Non le è mai passato nell’anticamera del cervello di chiudere i suoi saloni e dedicarsi alla moda e all’arte a tempo pieno?
«Mai. Per chi fa il mio mestiere la vera fonte di ispirazione è il salone. Un po’ come la strada lo è per lo stilista. È la realtà. Come quando David Lachapelle realizza Rize e si ispira alla street dance di Los Angeles».
Lei però resta a Torino.
«Sono nato qui. Fa parte di me. In qualche modo è anche un limite. Oggi come oggi si può lavorare e fare tendenza e successo da ovunque. Se Gaia avesse voluto andare a Milano ci saremmo spostati».
Anche Gaia lavora con lei. Le fa piacere?
«Sul lavoro non sono “papà”. Ci sono clienti che hanno scoperto che era mia figlia dopo tantissimo tempo. Le dico sempre di non lasciarsi condizionare dal mio percorso. Siamo simili, anche lei lavora come me. Con tantissima passione, abnegazione».
Lei ci sa stare in vacanza?
«Poco. Devo sempre fare qualcosa. Se non taglio, salgo sul trattore (abitano fuori Torino e hanno anche una piccola azienda agricola, ndr)».
Un suo difetto?
«Ho un buon carattere».
Un pregio?
«Sono veloce. È una cosa che amo molto anche negli altri».
Chi ha conosciuto di «veloce»?
«Franca Sozzani, tantissimo. E Giovanni Gastel. Che era famiglia per noi».
Avete fatto diverse cose con Gastel, tra cui un libro.
«Con lui c’era un’intesa fortissima, il nostro rapporto anche professionale è stato come un idillio. Per me era come un fratello. Anche mia madre lo adorava.

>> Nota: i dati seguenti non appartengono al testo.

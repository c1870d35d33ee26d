-- ===== src/Examples/Pools.antt =====
-- Configurations, managers and pools of rapidproxy and internal/connection at concrete values.
use Prim.Native.String.{String}
use rapid_proxy.Prelude.{
  ℕ, ◌≤◌, ◌≡◌, refl, arith, true, false, Option, none, some, [], ◌∷◌, Clock, All, length, get_elem?,
  lookup, insert,
}
use rapid_proxy.Floats.{Fraction, fractions}
use rapid_proxy.TokenBucket.{TokenBucket, new_token_bucket}
use rapid_proxy.CircuitBreaker.{CircuitBreaker, new_circuit_breaker}
use rapid_proxy.Transport.{TransportConfig, new_transport}
use rapid_proxy.Client.{
  new_proxy_client, set_rate_limiter, set_circuit_breaker, set_concurrency_semaphore,
  set_domain_limiter,
}
use rapid_proxy.Config.{Config, validate, apply_defaults}
use rapid_proxy.Config.Validity.{InRange, validated_defaults}
use rapid_proxy.Manager
use rapid_proxy.Manager.{Manager, new_manager, init_clients, get_client}
use rapid_proxy.Manager.Clients.{urls}
use rapid_proxy.Manager.Stats.{Collector}
use rapid_proxy.Selector.Attempt.{is_available}
use rapid_proxy.Worker.Queue.{new_queue}
use rapid_proxy.Pool.{
  Pool, Client, pool, new, checked, connect, assemble, manager_config, breaker_config, set_up,
  set_limiters, set_breakers, set_semaphores, set_domain_limiters, for_each, token_bucket_limiter,
  health_breaker,
}
use rapid_proxy.Selector.{new_round_robin_selector}
use rapid_proxy.DomainLimiter.{new_domain_limiter}
use rapid_proxy.Pool.Opens.{new-opens}
use rapid_proxy.Pool.Setup.{new-available}

-- Five requests a second for each of two proxies.
abbrev config : Config Fraction
config = record {
  proxy_urls = "http://a:8080" ∷ "http://b:8080" ∷ [];
  num_workers = 4;
  queue_size = 16;
  max_idle_conns = 0;
  max_idle_conns_per_host = 0;
  idle_conn_timeout = 0;
  dial_timeout = 0;
  tls_handshake_timeout = 0;
  keep_alive = 0;
  response_header_timeout = 0;
  request_timeout = 0;
  rate_limit_per_proxy = 5;
  max_concurrent_per_proxy = 3;
  domain_rate_limits = ("example.com", 2) ∷ [];
  failure_threshold = record { top = 1; below = 1 };
  degraded_threshold = record { top = 1; below = 4 };
  min_requests_for_trip = 0;
  recovery_timeout = 0;
  idle_cleanup_interval = 0;
  idle_cleanup_timeout = 0;
  insecure_skip_verify = false;
}

abbrev pub parse : String → Option ℕ
parse url = none

abbrev pub clocks : ℕ → ℕ → Clock
clocks n k i = 1000000000

config-InRange : InRange config
config-InRange = ground arith

config-valid : validate fractions config ≡ none
unfolding validate
config-valid = refl

validated_defaults_example :
    let d = apply_defaults fractions config in
    (d.num_workers ≡ config.num_workers)
    × (d.queue_size ≡ config.queue_size)
    × (d.rate_limit_per_proxy ≡ config.rate_limit_per_proxy)
    × (d.failure_threshold ≡ config.failure_threshold)
    × (d.degraded_threshold ≡ config.degraded_threshold)
    × (validate fractions d ≡ none)
validated_defaults_example = validated_defaults fractions config config-InRange config-valid

new-opens_example :
    (p : Pool Fraction ℕ ℕ) × (new fractions parse clocks (some config) ≡ pool p)
    × (urls p.manager.clients ≡ config.proxy_urls)
    × (p.queue ≡ new_queue config.queue_size)
    × (p.selector.max_retries ≡ length config.proxy_urls)
new-opens_example =
    new-opens fractions parse clocks config config-InRange config-valid (refl, (refl, tt))

abbrev transport_config : Option TransportConfig
transport_config = (manager_config (apply_defaults fractions config)).transport_config

abbrev pub settings : Manager.Config
settings = record {
  proxy_urls = "http://a:8080" ∷ "http://b:8080" ∷ [];
  transport_config = transport_config;
  request_timeout = 30000000000;
  idle_cleanup_interval = 120000000000;
  idle_cleanup_timeout = 90000000000;
}

abbrev client : String → Client Fraction ℕ
client url = new_proxy_client url (some (new_transport url transport_config)) 30000000000 1000000000

abbrev pub manager : Manager TokenBucket (CircuitBreaker Fraction) ℕ
manager = record {
  config = settings;
  clients = client "http://a:8080" ∷ client "http://b:8080" ∷ [];
  clients_map = ("http://a:8080", 0) ∷ ("http://b:8080", 1) ∷ [];
}

pub manager_made : new_manager parse settings (clocks 3 0) ≡ Manager.ok manager
unfolding new_manager init_clients insert
manager_made = refl

found : get_client "http://b:8080" manager ≡ some (client "http://b:8080")
unfolding get_client lookup
found = refl

abbrev collector : Collector TokenBucket (CircuitBreaker Fraction) ℕ
collector = record { manager = manager; start_time = 1000000000 }

manager_states : All (λ c. c.state ≤ 2) manager.clients
unfolding new_proxy_client
manager_states = (omega arith, (omega arith, tt))

abbrev full : Config Fraction
full = apply_defaults fractions config

abbrev opened : Pool Fraction ℕ ℕ
opened = record {
  config = full;
  manager = record {
    config = manager_config full;
    clients = set_up fractions full clocks manager.clients;
    clients_map = manager.clients_map;
  };
  selector = record {
    current_index = 0;
    max_retries = 2;
    total_selections = 0;
    success_selections = 0;
    failed_selections = 0;
  };
  num_workers = 4;
  queue = new_queue 16;
  collector_start = 1000000000;
}

opened_by_new : new fractions parse clocks (some config) ≡ pool opened
unfolding new checked connect assemble validate apply_defaults new_manager init_clients insert
    set_up set_limiters set_breakers set_semaphores set_domain_limiters for_each
    new_round_robin_selector
opened_by_new = refl

abbrev first : Client Fraction ℕ
first = record (client "http://a:8080") {
  rate_limiter = some (new_token_bucket 5 5 1000000000);
  circuit_breaker = some (new_circuit_breaker fractions (some (breaker_config full)) (clocks 1 0));
  concurrency_sem = some (record { capacity = 3; used = 0 });
  domain_limiter = new_domain_limiter (("example.com", 2) ∷ []) (clocks 2 0);
}

first_opened : get_elem? opened.manager.clients 0 ≡ some first
unfolding set_up set_limiters set_breakers set_semaphores set_domain_limiters for_each
    apply_defaults set_rate_limiter set_circuit_breaker set_concurrency_semaphore set_domain_limiter
first_opened = refl

new-available_example :
    is_available token_bucket_limiter (health_breaker fractions) (λ k. 2000000000) first ≡ true
new-available_example =
    new-available fractions parse clocks config opened (λ k. 2000000000) 0 first config-InRange
      (omega arith) (λ n i j. omega arith) (omega arith) opened_by_new first_opened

Negli ultimi tempi ho ritrovato un po’ delle sue sfumature in Albert Watson con cui abbiamo collaborato su un lavoro bellissimo».
Ci anticipa qualcosa?
«Si tratta di un progetto di 200 foto su Roma, nell’ambito del Giubileo, con protagonisti incredibili. Noi abbiamo curato i capelli».
Lei ha collaborato e influenzato il lavoro di molti artisti. Quello cui è più legato?
«Vanessa Beecroft. Vidi per la prima volta una sua performance in Austria. Meravigliosa. Ma le teste non andavano bene. Il suo agente era Jeffrey Deitch. Me la presentarono e glielo dissi. Mi diede appuntamento al Guggenheim a Venezia. Ci sedemmo nel giardino, e le dissi che doveva far usare delle parrucche alle modelle per rendere quella unicità che desiderava. Era un’impresa titanica e costosissima. Ne venne fuori una mostra incredibile a Palazzo Ducale».